La start-up SpaceLocker veut lever 6 M€

Les cofondateurs de la société, Baptiste Fournier et Théophile Lagraulet
© SpaceLocker

La start-up SpaceLocker, opératrice de missions satellitaires partagées hébergée chez At Home, à Toulouse, veut lever 6 M€. « Nous venons de lancer le tour de table », indique à La Lettre M Baptiste Fournier, cofondateur de cette jeune pousse de douze salariés. L’entreprise, qui avait levé 1 M€ l’été dernier, espère répondre à la forte demande et envisage de recruter au moins six personnes dans les six mois. Autre objectif : accélérer à l’international. « Notre offre est ajustée aux besoins des puissances émergentes dans le spatial », assure le dirigeant. SpaceLocker compte déjà une dizaine de clients signés et une trentaine dans les tuyaux. La start-up lancera sa première mission début 2025, puis une deuxième durant l’été.

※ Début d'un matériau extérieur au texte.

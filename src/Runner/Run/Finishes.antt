-- ===== src/Runner/Run/Finishes.antt =====
-- That the loop of `jug_runner_run` comes to its end.
use kudos_judge.Base.{
  some, ◌≡◌, ◌≢◌, refl, subst, ◌∙◌, inl, inr, true, false, List, [], ◌∷◌, ◌++◌, All, arith,
}
use kudos_judge.Compare.Blocks.{IsReadable}
use kudos_judge.Compare.{Descriptor}
use kudos_judge.Runner.Run.Ends.{run_goes, run_stops}
use kudos_judge.Runner.Run.Alive.{AliveIs, round-AliveIs, feed_watcher-alive}
use kudos_judge.Runner.Run.Outcomes.{
  CleanOutput, Returns, Quiet, Closes, Live, round-Live, round-Returns, round-Closes,
}
use kudos_judge.Runner.Result.{SandboxResult}
use kudos_judge.Runner.Run.Known.{run_loop-conclude}
use kudos_judge.Runner.Run.Trace.{is_over, before_output-Same}
use kudos_judge.Runner.Run.{
  Waited, wait_failed, still_runs, signaled, other_status, exited, Round, Settings, State, Outcome,
  goes_on, finishes, hangs, start, poll_watcher, watcher_ended, before_output, round, run_loop,
  conclude,
}

-- What is read in this round holds no carriage return.
abbrev pub Clean : Round → Type 0
Clean r = CleanOutput r.output

dead_stays :
    (w : Waited) (p : State) → p.watcher_alive ≡ false → (poll_watcher w p).watcher_alive ≡ false
unfolding poll_watcher
dead_stays w p dead = ground (arith, dead)

-- Every status but one that still runs ends the watcher.
status_ends : (w : Waited) (p : State) → w ≢ still_runs → (poll_watcher w p).watcher_alive ≡ false
unfolding poll_watcher watcher_ended
status_ends wait_failed p h = ground arith
status_ends still_runs p h = absurd (h refl)
status_ends signaled p h = ground arith
status_ends other_status p h = ground arith
status_ends (exited code) p h = ground arith

-- The loop ends from this state on.
abbrev Finishing : Settings → List Round → State → Type 0
Finishing s rounds p = (q : State) × (run_loop s rounds p ≡ finishes q)

-- A round, and the rounds behind it where it goes on.
behind :
    (s : Settings) (r : Round) (rounds : List Round) (p : State) (o : Outcome)
    → round s r p ≡ o
    → Returns o
    → ((v : State) → round s r p ≡ goes_on v → Finishing s rounds v)
    → Finishing s (r ∷ rounds) p
behind s r rounds p (goes_on v) run back rest =
    let (q, e) = rest v run in let (onward, _) = run_goes s r rounds p v run in (q, onward ∙ e)
behind s r rounds p (finishes q) run back rest = (q, (run_stops s r rounds p q run).0)
behind s r rounds p hangs run back rest = absurd back

-- Behind a round with a dead watcher the watcher is dead.
still_dead :
    (s : Settings) (r : Round) (p v : State)
    → (poll_watcher r.waited p).watcher_alive ≡ false
    → round s r p ≡ goes_on v
    → v.watcher_alive ≡ false
still_dead s r p v dead run =
    subst (AliveIs (poll_watcher r.waited p).watcher_alive) run (round-AliveIs s r p) ∙ dead

-- The comparison is over and the watcher dead.
last_round :
    (s : Settings) (r : Round) (rounds : List Round) (p : State)
    → is_over p ≡ true
    → p.watcher_alive ≡ false
    → Finishing s (r ∷ rounds) p
unfolding round before_output
last_round s r rounds p over dead =
    let q = before_output s r p in
    let dead' : q.watcher_alive ≡ false =
      feed_watcher-alive s r.input (poll_watcher r.waited p) ∙ dead_stays r.waited p dead in
    let over' : is_over q ≡ true = elim (before_output-Same s r p) [
      | inl same ↦ same.over ∙ over
      | inr (broken, _) ↦ broken.over
    ] in
    (q, (run_stops s r rounds p q (rw (over', dead') refl)).0)

-- The watcher is dead, and in a later round nothing is read.
ends_soon :
    (s : Settings) (between : List Round) (x y : Round) (rest : List Round) (p : State)
    → p.watcher_alive ≡ false
    → Live p
    → All Clean between
    → Clean x
    → Quiet x
    → Finishing s (between ++ (x ∷ y ∷ rest)) p
ends_soon s [] x y rest p dead live clean clean_x quiet =
    let gone = dead_stays x.waited p dead in
    behind s x (y ∷ rest) p (round s x p) refl (round-Returns s x p clean_x live) (λ v run.
      last_round s y rest v (subst Closes run (round-Closes s x p gone quiet))
        (still_dead s x p v gone run))
ends_soon s (r ∷ between) x y rest p dead live clean clean_x quiet =
    let gone = dead_stays r.waited p dead in
    behind s r (between ++ (x ∷ y ∷ rest)) p (round s r p) refl (round-Returns s r p clean.0 live)
      (λ v run.
        ends_soon s between x y rest v (still_dead s r p v gone run)
          (round-Live s r p v clean.0 live run) clean.1 clean_x quiet)

ends_later :
    (s : Settings) (before : List Round) (d : Round) (between : List Round) (x y : Round)
    (rest : List Round) (p : State)
    → Live p
    → All Clean before
    → Clean d
    → d.waited ≢ still_runs
    → All Clean between
    → Clean x
    → Quiet x
    → Finishing s (before ++ (d ∷ (between ++ (x ∷ y ∷ rest)))) p
ends_later s [] d between x y rest p live clean clean_d dies clean_b clean_x quiet =
    let gone = status_ends d.waited p dies in
    behind s d (between ++ (x ∷ y ∷ rest)) p (round s d p) refl (round-Returns s d p clean_d live)
      (λ v run.
        ends_soon s between x y rest v (still_dead s d p v gone run)
          (round-Live s d p v clean_d live run) clean_b clean_x quiet)
ends_later s (r ∷ before) d between x y rest p live clean clean_d dies clean_b clean_x quiet =
    behind s r (before ++ (d ∷ (between ++ (x ∷ y ∷ rest)))) p (round s r p) refl
      (round-Returns s r p clean.0 live)
      (λ v run.
        ends_later s before d between x y rest v (round-Live s r p v clean.0 live run) clean.1
          clean_d dies clean_b clean_x quiet)

-- The loop ends from its start.
run_loop_ends :
    (s : Settings) (before : List Round) (d : Round) (between : List Round) (x y : Round)
    (rest : List Round) (fd : Descriptor)
    → IsReadable fd
    → All Clean before
    → Clean d
    → d.waited ≢ still_runs
    → All Clean between
    → Clean x
    → Quiet x
    → (q : State) × (run_loop s (before ++ (d ∷ (between ++ (x ∷ y ∷ rest)))) (start fd)
        ≡ finishes q)
unfolding start
run_loop_ends s before d between x y rest fd readable clean clean_d dies clean_b clean_x quiet =
    ends_later s before d between x y rest (start fd) (inr readable) clean clean_d dies clean_b
      clean_x quiet

-- Where the expected output is open for reading and writing, it and what can be read in the rounds
-- up to there hold no carriage return, waitpid never fails but gives something other than a
-- running watcher in some round, and in a later round that has another one behind it no output is
-- read, the loop of jug_runner_run ends and the result behind it has been set, whatever the
-- transfers, the texts and the return values of the comparison are.
pub run_loop_concludes :
    (s : Settings) (before : List Round) (d : Round) (between : List Round) (x y : Round)
    (rest : List Round) (fd : Descriptor)
    → IsReadable fd
    → All Clean before
    → Clean d
    → d.waited ≢ still_runs
    → All Clean between
    → Clean x
    → Quiet x
    → All (λ (r : Round). r.waited ≢ wait_failed) (before ++ (d ∷ (between ++ (x ∷ y ∷ rest))))
    → (q : State) × (result : SandboxResult) × (run_loop s
          (before ++ (d ∷ (between ++ (x ∷ y ∷ rest))))
          (start fd)
        ≡ finishes q)
      × (conclude q ≡ some result)
run_loop_concludes s before d between x y rest fd readable clean clean_d dies clean_b clean_x quiet
      works =
    let (q, e) =
      run_loop_ends s before d between x y rest fd readable clean clean_d dies clean_b clean_x
        quiet in
    let (result, known) =
      run_loop-conclude s (before ++ (d ∷ (between ++ (x ∷ y ∷ rest)))) fd q works e in
    (q, result, e, known)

Répondre aux besoins des constellations
« Nous avons aussi pour objectif d’augmenter la taille de notre catalogue d’opportunités de vols, complète Baptiste Fournier. Nous avons besoin de budget pour pouvoir nous implanter et proposer à nos clients plus d’options, de dates de lancement, de diversité dans les types de satellites. » Avec ce développement, SpaceLocker veut pouvoir répondre aux besoins des grandes constellations, « qui ont des besoins d’interface en centaines de modèles ». Arrivée fin 2022 sur un marché « où l’idée de la charge utile hébergée n’était pas neuve », l'entreprise base son argumentaire sur « l’industrialisation, la mise à l’échelle et l’intégration dans toute la chaîne de ce type de charge utile ». Autre atout de la jeune pousse : sa double implantation en région parisienne, où se trouve son siège administratif, et à Toulouse, où sont installées ses équipes techniques.

Trois vols prévus en 2025
SpaceLocker doit lancer sa première mission de satellite partagé début 2025, avec cependant plusieurs mois de retard. « Cela pose la question de notre dépendance aux lanceurs américains », soulève Baptiste Fournier en mentionnant le lanceur SpaceX. La jeune pousse – qui prévoit un deuxième vol à l'été – est en train d’acheter un satellite pour la fin de l’année prochaine. « Nous sommes dans une logique de montée en puissance et avons déjà signé des clients sur ce troisième vol », se réjouit le dirigeant.